DATA PROVIDED ▸
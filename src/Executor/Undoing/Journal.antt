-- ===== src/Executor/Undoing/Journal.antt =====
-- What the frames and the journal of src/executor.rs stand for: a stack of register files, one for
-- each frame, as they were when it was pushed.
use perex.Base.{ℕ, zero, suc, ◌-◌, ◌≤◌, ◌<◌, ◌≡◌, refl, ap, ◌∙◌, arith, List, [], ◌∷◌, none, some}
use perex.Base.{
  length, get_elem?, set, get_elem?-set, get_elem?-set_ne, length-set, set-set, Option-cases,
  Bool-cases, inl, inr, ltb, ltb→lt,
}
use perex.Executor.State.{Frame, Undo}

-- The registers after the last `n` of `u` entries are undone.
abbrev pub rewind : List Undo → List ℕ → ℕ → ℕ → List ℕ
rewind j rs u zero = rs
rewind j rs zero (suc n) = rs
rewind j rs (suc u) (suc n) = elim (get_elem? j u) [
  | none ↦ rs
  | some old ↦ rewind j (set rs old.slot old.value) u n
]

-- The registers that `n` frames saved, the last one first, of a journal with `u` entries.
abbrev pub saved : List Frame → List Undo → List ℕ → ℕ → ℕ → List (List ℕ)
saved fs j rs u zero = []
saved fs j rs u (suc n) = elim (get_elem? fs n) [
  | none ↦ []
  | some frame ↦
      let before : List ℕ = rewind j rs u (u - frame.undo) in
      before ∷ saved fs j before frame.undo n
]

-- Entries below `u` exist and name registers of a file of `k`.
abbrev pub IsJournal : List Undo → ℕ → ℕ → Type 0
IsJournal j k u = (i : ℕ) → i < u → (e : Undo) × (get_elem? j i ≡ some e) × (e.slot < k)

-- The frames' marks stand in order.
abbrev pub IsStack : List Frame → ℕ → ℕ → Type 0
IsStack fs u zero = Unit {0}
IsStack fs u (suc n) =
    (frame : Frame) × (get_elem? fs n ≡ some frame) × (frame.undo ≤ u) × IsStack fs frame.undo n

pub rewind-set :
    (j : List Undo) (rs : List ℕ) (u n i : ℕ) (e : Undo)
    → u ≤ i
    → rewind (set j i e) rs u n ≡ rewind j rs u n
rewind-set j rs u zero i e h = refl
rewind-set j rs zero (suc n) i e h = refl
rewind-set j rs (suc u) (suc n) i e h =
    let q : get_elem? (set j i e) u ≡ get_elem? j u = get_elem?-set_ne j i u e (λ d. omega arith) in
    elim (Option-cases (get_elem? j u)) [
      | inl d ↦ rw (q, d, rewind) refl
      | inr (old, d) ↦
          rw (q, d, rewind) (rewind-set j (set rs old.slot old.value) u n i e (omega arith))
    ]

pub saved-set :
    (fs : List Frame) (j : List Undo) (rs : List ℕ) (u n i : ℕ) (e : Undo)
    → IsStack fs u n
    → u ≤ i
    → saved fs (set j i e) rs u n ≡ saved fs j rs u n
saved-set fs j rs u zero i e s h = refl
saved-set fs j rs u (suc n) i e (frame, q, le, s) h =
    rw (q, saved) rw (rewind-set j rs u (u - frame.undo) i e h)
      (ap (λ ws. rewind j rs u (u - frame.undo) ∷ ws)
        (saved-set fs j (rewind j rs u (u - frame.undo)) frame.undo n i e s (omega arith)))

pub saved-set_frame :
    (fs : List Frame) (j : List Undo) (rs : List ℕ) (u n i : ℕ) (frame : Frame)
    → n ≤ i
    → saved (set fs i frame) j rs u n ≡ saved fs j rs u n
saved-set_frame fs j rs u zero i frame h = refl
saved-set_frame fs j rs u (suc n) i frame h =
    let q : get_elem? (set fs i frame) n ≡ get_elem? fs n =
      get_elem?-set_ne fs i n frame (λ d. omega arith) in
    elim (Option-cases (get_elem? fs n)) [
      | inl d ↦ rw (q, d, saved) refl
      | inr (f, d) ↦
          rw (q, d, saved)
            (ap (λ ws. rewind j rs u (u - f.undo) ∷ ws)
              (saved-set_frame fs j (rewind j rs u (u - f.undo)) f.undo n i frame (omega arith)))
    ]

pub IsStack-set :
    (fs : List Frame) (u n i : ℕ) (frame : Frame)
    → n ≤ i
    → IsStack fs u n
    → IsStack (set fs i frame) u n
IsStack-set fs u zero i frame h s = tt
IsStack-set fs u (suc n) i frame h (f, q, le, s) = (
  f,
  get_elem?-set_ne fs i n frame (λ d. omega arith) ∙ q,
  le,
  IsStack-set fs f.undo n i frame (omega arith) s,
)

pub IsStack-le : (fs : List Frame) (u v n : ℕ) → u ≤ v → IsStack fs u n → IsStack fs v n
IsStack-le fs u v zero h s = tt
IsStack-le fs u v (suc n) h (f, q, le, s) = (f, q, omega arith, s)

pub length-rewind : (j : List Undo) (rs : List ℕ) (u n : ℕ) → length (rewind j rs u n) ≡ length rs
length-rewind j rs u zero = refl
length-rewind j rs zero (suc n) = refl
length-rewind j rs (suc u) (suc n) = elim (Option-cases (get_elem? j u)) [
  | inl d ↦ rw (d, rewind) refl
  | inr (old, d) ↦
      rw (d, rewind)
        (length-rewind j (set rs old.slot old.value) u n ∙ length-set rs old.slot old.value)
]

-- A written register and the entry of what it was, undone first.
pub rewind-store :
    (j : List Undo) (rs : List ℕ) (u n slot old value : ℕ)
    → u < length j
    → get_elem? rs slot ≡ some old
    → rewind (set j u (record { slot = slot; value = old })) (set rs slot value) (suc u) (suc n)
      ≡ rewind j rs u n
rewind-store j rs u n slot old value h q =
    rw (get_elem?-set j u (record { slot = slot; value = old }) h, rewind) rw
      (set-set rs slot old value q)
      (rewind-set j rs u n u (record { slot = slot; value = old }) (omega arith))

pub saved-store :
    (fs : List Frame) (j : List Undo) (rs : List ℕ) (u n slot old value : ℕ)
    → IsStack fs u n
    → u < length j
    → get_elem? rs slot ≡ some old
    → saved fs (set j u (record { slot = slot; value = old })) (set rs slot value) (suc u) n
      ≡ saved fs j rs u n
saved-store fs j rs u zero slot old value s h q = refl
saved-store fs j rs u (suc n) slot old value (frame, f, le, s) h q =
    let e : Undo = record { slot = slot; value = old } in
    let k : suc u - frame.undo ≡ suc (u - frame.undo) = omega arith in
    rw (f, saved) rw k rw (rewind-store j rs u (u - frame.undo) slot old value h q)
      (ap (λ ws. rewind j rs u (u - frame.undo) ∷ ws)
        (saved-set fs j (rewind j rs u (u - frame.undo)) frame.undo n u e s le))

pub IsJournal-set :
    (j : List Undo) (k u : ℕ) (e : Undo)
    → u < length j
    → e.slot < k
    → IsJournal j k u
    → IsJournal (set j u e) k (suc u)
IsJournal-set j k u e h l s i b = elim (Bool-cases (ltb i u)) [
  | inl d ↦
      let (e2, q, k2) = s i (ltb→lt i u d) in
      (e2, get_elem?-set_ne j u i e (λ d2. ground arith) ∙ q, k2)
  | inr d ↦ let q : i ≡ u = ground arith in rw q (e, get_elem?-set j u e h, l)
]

* * *

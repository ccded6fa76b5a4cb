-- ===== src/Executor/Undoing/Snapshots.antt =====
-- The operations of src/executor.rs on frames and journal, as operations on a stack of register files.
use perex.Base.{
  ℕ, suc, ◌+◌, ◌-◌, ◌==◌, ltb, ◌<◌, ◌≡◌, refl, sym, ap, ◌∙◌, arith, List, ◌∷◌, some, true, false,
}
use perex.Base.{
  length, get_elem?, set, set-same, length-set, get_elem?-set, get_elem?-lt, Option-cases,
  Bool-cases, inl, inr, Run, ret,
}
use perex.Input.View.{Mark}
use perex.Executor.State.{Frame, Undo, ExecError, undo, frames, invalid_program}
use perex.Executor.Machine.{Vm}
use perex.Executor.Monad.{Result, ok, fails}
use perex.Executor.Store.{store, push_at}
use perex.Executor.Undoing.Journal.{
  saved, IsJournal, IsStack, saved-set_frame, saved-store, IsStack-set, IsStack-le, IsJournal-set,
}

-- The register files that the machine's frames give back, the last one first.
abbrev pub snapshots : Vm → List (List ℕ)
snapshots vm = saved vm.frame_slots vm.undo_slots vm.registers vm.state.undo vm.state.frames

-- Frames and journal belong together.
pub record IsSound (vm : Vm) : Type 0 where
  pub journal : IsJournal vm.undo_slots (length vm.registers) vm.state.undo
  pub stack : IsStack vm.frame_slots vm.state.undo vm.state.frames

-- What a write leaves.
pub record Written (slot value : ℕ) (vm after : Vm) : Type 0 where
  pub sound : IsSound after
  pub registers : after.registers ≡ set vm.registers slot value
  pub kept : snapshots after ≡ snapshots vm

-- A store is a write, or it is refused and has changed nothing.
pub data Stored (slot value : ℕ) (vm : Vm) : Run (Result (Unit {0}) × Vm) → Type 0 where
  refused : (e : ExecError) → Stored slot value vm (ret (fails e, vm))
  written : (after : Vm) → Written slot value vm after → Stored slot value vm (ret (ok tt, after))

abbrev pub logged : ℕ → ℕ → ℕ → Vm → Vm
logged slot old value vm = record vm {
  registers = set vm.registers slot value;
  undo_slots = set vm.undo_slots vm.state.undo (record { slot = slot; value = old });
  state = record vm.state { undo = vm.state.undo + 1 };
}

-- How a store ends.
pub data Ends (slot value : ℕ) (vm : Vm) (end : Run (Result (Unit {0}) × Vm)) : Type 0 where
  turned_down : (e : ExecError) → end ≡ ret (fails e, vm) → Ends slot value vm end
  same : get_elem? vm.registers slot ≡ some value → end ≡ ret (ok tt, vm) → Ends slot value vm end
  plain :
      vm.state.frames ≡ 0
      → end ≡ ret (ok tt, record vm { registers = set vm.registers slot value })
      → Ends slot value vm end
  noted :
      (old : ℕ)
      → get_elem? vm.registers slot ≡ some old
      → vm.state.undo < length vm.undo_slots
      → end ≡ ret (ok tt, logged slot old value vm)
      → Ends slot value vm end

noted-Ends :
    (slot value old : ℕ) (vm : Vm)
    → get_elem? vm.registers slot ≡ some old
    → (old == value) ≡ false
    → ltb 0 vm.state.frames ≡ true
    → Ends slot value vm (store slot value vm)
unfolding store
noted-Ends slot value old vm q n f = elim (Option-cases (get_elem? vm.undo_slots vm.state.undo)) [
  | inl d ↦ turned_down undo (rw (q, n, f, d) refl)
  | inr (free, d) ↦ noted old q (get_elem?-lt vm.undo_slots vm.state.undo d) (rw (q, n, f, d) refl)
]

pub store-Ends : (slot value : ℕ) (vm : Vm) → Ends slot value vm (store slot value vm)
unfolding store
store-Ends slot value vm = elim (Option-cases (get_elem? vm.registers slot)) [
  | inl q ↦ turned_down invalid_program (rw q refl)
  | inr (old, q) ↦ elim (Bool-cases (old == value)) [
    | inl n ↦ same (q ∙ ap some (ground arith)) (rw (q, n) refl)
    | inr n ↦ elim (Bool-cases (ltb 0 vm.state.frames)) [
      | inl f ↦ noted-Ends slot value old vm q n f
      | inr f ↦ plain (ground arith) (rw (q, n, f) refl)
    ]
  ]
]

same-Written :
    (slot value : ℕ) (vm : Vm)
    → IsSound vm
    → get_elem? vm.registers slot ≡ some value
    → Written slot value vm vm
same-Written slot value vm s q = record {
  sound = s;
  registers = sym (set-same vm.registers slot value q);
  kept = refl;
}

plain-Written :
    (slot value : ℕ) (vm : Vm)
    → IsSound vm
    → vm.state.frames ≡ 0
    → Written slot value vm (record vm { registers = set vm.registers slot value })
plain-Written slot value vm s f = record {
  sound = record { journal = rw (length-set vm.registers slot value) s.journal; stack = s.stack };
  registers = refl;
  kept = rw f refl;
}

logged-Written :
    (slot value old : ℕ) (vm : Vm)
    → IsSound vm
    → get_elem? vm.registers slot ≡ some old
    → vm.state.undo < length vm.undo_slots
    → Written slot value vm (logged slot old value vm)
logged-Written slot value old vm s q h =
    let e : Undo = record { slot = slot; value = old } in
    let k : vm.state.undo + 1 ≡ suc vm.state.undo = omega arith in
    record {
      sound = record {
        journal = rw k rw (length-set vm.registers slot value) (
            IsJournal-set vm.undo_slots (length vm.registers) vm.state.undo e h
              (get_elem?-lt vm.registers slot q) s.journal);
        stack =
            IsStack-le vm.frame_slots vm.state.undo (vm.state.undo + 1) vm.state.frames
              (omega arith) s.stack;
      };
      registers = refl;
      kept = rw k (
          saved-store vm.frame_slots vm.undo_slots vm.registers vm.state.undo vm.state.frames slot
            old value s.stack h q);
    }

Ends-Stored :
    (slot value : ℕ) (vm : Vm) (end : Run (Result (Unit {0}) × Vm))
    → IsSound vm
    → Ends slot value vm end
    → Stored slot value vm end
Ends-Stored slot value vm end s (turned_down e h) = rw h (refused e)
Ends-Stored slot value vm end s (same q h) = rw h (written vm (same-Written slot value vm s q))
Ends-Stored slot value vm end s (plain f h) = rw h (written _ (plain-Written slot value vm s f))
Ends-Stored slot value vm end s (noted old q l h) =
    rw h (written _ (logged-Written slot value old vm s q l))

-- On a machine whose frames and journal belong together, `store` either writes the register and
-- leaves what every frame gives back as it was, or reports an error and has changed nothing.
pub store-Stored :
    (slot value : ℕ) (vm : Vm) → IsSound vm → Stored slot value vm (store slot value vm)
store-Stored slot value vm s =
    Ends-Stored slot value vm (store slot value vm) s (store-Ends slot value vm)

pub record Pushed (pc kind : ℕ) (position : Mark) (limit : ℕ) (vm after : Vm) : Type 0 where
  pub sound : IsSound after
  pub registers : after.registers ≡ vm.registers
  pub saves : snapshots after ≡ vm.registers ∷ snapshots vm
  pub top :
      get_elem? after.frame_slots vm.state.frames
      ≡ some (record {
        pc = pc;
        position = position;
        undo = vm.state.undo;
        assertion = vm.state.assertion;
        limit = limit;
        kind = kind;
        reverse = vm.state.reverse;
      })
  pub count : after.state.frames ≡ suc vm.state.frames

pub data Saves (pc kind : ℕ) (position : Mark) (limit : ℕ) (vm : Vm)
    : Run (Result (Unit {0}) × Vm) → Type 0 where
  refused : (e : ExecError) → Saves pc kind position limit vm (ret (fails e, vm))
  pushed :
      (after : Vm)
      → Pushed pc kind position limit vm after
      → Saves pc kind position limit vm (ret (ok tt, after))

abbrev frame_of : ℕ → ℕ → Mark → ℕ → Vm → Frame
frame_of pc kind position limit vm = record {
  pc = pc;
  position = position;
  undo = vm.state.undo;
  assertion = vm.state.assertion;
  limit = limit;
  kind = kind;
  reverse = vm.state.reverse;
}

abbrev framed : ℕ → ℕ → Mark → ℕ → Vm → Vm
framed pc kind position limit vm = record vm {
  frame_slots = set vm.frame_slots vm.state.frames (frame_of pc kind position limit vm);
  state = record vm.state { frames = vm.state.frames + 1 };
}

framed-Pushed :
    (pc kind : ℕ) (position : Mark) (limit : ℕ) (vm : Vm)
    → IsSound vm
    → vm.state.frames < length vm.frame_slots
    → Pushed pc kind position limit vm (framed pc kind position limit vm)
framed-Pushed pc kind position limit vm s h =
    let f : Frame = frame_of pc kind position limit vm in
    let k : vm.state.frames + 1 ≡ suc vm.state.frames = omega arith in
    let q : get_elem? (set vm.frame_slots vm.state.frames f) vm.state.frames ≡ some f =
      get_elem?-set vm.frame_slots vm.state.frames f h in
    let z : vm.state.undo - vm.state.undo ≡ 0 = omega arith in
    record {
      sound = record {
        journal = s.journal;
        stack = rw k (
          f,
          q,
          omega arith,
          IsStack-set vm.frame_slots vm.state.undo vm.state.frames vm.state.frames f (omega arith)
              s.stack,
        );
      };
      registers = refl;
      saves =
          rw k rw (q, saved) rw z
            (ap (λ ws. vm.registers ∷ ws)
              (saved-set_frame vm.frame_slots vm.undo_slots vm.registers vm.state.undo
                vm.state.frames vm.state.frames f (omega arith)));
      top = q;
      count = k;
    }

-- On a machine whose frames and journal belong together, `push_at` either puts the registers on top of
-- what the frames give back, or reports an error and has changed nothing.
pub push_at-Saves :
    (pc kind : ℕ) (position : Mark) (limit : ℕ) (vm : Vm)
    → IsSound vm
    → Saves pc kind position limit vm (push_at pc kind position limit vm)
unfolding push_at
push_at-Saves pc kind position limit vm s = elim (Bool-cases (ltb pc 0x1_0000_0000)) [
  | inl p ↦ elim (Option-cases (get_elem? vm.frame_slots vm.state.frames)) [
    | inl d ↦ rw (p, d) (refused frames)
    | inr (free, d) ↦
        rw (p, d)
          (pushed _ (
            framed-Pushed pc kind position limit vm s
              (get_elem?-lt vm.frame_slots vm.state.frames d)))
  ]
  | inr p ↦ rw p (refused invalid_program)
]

---

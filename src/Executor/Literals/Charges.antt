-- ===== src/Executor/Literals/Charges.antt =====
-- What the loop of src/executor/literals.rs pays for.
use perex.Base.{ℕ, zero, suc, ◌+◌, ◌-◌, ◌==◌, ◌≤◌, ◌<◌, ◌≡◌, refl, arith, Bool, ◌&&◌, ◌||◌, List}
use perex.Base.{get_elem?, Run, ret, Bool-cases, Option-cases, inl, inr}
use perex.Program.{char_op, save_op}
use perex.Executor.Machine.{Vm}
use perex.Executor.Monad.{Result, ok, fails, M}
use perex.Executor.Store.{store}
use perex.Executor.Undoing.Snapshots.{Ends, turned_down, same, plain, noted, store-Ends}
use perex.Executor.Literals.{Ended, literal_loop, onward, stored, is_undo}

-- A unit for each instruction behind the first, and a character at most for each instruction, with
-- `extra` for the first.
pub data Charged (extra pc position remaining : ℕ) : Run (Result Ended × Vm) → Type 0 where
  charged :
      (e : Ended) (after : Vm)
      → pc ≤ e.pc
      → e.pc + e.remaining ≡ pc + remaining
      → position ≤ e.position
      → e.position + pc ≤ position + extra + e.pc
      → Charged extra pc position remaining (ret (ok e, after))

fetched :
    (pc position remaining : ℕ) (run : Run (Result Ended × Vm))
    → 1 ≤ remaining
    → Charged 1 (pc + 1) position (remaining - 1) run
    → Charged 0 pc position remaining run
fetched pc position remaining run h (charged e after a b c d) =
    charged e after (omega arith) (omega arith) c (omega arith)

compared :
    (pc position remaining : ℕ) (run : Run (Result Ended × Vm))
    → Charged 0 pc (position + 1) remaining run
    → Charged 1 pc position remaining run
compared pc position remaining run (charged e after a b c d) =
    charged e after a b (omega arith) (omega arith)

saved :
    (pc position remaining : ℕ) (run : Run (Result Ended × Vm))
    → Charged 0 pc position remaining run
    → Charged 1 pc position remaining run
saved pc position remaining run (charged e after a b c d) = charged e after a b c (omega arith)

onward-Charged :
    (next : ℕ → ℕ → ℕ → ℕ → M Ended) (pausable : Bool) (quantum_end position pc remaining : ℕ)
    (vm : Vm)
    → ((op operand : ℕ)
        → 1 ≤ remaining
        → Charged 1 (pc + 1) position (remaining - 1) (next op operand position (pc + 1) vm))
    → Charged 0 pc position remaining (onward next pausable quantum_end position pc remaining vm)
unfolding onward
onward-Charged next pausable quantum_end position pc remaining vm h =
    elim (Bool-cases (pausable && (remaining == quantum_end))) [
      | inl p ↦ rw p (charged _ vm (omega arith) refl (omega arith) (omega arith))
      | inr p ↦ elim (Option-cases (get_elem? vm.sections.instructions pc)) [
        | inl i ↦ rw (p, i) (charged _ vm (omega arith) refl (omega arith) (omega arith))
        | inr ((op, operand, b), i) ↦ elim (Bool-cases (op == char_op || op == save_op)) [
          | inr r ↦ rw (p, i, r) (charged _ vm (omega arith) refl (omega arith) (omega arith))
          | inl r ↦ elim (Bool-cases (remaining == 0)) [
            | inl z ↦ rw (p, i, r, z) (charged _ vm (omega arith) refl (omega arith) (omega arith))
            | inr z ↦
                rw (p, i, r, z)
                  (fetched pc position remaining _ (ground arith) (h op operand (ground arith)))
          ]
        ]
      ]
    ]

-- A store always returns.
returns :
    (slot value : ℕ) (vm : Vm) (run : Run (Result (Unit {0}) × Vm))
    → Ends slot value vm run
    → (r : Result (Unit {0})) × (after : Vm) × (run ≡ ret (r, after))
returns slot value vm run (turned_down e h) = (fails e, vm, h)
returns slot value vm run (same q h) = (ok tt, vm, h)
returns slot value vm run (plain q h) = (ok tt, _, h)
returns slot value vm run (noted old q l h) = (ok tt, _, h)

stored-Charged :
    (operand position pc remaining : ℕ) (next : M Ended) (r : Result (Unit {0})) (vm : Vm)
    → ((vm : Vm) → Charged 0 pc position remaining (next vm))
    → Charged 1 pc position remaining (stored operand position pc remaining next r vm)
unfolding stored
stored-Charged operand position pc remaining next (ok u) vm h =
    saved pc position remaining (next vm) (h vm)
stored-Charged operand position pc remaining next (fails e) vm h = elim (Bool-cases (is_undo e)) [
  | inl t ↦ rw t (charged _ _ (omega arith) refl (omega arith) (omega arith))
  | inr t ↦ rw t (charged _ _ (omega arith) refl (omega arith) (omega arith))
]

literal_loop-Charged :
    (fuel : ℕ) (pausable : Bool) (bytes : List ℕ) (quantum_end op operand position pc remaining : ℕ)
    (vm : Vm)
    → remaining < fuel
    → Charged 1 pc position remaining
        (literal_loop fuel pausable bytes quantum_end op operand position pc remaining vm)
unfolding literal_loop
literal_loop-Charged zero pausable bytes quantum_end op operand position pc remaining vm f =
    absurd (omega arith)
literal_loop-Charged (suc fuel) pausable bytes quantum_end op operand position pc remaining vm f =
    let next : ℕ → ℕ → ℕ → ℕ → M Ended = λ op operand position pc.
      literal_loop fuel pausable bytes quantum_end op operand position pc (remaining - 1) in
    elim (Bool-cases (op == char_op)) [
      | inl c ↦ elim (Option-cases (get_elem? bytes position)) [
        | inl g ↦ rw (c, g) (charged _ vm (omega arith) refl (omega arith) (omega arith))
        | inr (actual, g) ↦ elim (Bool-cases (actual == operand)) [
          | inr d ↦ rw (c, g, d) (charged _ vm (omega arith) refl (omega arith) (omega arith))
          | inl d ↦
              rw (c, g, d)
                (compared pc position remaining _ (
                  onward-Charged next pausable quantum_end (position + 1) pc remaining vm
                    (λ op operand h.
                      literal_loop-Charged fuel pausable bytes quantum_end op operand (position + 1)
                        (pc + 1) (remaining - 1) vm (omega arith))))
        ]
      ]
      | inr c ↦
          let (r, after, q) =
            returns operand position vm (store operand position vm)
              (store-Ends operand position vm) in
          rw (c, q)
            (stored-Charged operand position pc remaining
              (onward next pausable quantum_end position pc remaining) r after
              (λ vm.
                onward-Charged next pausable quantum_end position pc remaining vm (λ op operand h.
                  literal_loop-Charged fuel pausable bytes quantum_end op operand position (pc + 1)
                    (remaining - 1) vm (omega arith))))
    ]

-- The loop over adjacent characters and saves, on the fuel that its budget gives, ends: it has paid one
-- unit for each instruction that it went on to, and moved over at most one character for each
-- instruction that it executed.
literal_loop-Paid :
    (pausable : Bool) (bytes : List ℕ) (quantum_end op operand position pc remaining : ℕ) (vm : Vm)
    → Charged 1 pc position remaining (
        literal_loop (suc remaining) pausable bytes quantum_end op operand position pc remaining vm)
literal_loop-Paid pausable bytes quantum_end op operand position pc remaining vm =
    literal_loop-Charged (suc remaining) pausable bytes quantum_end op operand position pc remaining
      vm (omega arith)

WHAT YOU HAVE TO DO ▸ Retype only this portion of the data above: the line containing "filename src/Executor/Undoing/Journal.antt", the line containing "-- each frame, as", and all lines between them, exactly.

YOUR RESPONSE ▸
filename src/Executor/Undoing/Journal.antt
-- ===== src/Executor/Undoing/Journal.antt =====
-- What the frames and the journal of src/executor.rs stand for: a stack of register files, one for
-- each frame, as they were when it was pushed.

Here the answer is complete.